**Entries taken from a collection**.
+ + +

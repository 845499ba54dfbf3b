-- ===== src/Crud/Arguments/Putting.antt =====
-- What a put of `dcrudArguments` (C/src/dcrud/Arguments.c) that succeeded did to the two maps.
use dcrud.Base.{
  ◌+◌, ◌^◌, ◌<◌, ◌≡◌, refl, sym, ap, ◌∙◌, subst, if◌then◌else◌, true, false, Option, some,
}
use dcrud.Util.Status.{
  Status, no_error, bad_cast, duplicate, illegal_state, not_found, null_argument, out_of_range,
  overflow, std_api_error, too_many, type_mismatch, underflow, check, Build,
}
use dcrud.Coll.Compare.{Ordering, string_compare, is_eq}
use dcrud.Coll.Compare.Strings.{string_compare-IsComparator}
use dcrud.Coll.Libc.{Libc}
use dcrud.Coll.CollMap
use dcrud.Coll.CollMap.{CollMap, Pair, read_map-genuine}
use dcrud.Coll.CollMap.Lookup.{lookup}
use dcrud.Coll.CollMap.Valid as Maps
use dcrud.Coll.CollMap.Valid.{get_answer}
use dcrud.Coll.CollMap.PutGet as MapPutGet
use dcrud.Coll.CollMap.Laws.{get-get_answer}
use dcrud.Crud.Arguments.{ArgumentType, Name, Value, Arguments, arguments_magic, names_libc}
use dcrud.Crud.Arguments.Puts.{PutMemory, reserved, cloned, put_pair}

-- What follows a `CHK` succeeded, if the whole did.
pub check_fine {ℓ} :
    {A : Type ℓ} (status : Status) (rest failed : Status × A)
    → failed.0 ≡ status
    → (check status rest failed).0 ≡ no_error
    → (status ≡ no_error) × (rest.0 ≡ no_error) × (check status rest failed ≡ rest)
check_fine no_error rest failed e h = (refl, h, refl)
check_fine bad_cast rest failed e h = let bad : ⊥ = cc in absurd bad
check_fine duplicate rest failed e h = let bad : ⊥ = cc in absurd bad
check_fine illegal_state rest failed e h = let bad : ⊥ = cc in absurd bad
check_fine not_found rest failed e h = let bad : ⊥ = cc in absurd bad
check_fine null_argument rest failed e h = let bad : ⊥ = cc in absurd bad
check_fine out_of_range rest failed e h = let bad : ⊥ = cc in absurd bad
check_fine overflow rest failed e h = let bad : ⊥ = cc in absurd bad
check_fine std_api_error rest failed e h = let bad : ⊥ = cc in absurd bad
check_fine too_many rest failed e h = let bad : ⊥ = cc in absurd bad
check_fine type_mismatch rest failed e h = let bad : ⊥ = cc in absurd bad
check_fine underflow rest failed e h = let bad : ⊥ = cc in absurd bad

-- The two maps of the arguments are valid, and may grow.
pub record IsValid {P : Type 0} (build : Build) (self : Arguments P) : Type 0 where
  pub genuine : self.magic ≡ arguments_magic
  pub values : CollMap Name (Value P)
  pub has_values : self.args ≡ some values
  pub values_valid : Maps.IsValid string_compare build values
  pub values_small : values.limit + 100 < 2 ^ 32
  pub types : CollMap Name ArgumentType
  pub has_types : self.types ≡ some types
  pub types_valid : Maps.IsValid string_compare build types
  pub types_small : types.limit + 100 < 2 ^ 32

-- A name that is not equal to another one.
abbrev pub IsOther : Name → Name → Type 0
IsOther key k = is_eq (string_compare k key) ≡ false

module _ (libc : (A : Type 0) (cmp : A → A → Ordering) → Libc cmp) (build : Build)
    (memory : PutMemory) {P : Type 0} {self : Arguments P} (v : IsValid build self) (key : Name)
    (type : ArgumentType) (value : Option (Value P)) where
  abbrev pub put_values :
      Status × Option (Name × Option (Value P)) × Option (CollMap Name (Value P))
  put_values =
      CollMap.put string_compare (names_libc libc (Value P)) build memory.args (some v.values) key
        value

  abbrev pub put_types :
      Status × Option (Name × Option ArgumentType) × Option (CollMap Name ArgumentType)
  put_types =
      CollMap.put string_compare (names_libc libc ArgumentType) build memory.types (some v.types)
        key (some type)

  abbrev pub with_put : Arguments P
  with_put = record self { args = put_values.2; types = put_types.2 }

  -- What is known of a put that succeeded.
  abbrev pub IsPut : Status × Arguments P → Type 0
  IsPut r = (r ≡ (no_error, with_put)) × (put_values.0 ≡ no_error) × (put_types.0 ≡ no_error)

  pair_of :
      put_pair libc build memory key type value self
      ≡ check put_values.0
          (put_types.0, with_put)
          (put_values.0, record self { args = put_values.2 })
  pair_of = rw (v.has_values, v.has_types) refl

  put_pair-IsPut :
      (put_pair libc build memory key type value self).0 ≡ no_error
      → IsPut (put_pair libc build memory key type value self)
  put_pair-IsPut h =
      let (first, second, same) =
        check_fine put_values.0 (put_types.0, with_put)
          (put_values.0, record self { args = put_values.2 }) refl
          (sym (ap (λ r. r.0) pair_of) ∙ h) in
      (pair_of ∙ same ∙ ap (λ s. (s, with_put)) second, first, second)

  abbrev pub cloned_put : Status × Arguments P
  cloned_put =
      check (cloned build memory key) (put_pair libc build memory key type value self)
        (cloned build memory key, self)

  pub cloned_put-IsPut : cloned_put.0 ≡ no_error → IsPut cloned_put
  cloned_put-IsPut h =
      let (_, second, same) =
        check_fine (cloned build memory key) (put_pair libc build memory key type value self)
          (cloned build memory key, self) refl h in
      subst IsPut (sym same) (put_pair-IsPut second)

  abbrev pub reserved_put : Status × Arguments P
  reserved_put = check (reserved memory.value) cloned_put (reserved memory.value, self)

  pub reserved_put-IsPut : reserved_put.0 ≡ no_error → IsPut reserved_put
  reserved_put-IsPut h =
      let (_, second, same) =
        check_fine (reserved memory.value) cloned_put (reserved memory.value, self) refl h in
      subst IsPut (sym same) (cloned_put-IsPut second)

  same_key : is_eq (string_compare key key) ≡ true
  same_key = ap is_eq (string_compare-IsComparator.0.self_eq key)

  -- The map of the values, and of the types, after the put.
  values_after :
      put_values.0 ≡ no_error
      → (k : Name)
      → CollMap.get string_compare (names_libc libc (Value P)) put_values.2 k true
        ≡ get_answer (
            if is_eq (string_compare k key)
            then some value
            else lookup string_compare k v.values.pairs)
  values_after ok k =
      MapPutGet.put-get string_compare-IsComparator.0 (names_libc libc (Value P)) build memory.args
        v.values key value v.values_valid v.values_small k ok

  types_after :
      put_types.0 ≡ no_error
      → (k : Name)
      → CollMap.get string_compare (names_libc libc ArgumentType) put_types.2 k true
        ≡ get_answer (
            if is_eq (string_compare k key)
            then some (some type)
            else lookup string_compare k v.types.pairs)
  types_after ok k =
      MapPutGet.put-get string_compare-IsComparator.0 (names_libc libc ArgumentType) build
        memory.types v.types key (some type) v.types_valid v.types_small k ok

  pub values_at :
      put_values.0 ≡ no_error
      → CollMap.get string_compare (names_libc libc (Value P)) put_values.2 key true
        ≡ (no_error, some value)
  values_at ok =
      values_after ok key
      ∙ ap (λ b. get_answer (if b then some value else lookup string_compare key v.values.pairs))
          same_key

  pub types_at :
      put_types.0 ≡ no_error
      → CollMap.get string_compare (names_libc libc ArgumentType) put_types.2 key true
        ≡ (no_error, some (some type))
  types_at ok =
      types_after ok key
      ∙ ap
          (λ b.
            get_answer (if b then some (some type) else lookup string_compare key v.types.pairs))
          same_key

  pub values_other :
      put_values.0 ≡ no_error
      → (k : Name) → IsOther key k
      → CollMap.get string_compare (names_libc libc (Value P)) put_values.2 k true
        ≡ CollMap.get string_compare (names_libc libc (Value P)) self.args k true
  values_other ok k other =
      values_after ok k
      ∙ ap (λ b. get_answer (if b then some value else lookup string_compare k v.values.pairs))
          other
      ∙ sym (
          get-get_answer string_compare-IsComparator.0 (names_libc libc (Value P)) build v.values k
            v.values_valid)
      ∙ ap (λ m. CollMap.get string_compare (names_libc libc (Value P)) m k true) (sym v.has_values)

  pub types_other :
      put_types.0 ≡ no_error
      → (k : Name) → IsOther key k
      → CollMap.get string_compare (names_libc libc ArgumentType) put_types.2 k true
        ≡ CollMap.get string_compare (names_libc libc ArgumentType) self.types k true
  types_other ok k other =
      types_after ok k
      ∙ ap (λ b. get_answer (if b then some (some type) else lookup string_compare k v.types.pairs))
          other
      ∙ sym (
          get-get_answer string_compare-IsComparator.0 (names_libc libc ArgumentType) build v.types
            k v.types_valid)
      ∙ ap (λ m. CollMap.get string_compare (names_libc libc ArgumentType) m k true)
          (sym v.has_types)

+ + +

**AIM OF THE EXERCISE**. Write the lines out again exactly, from the one containing "v.values_valid)" through the last line of the records, and include no other lines.

**YOUR RESPONSE**.
            v.values_valid)
      ∙ ap (λ m. CollMap.get string_compare (names_libc libc (Value P)) m k true) (sym v.has_values)

  pub types_other :
      put_types.0 ≡ no_error
      → (k : Name) → IsOther key k
      → CollMap.get string_compare (names_libc libc ArgumentType) put_types.2 k true
        ≡ CollMap.get string_compare (names_libc libc ArgumentType) self.types k true
  types_other ok k other =
      types_after ok k
      ∙ ap (λ b. get_answer (if b then some (some type) else lookup string_compare k v.types.pairs))
          other
      ∙ sym (
          get-get_answer string_compare-IsComparator.0 (names_libc libc ArgumentType) build v.types
            k v.types_valid)
      ∙ ap (λ m. CollMap.get string_compare (names_libc libc ArgumentType) m k true)
          (sym v.has_types)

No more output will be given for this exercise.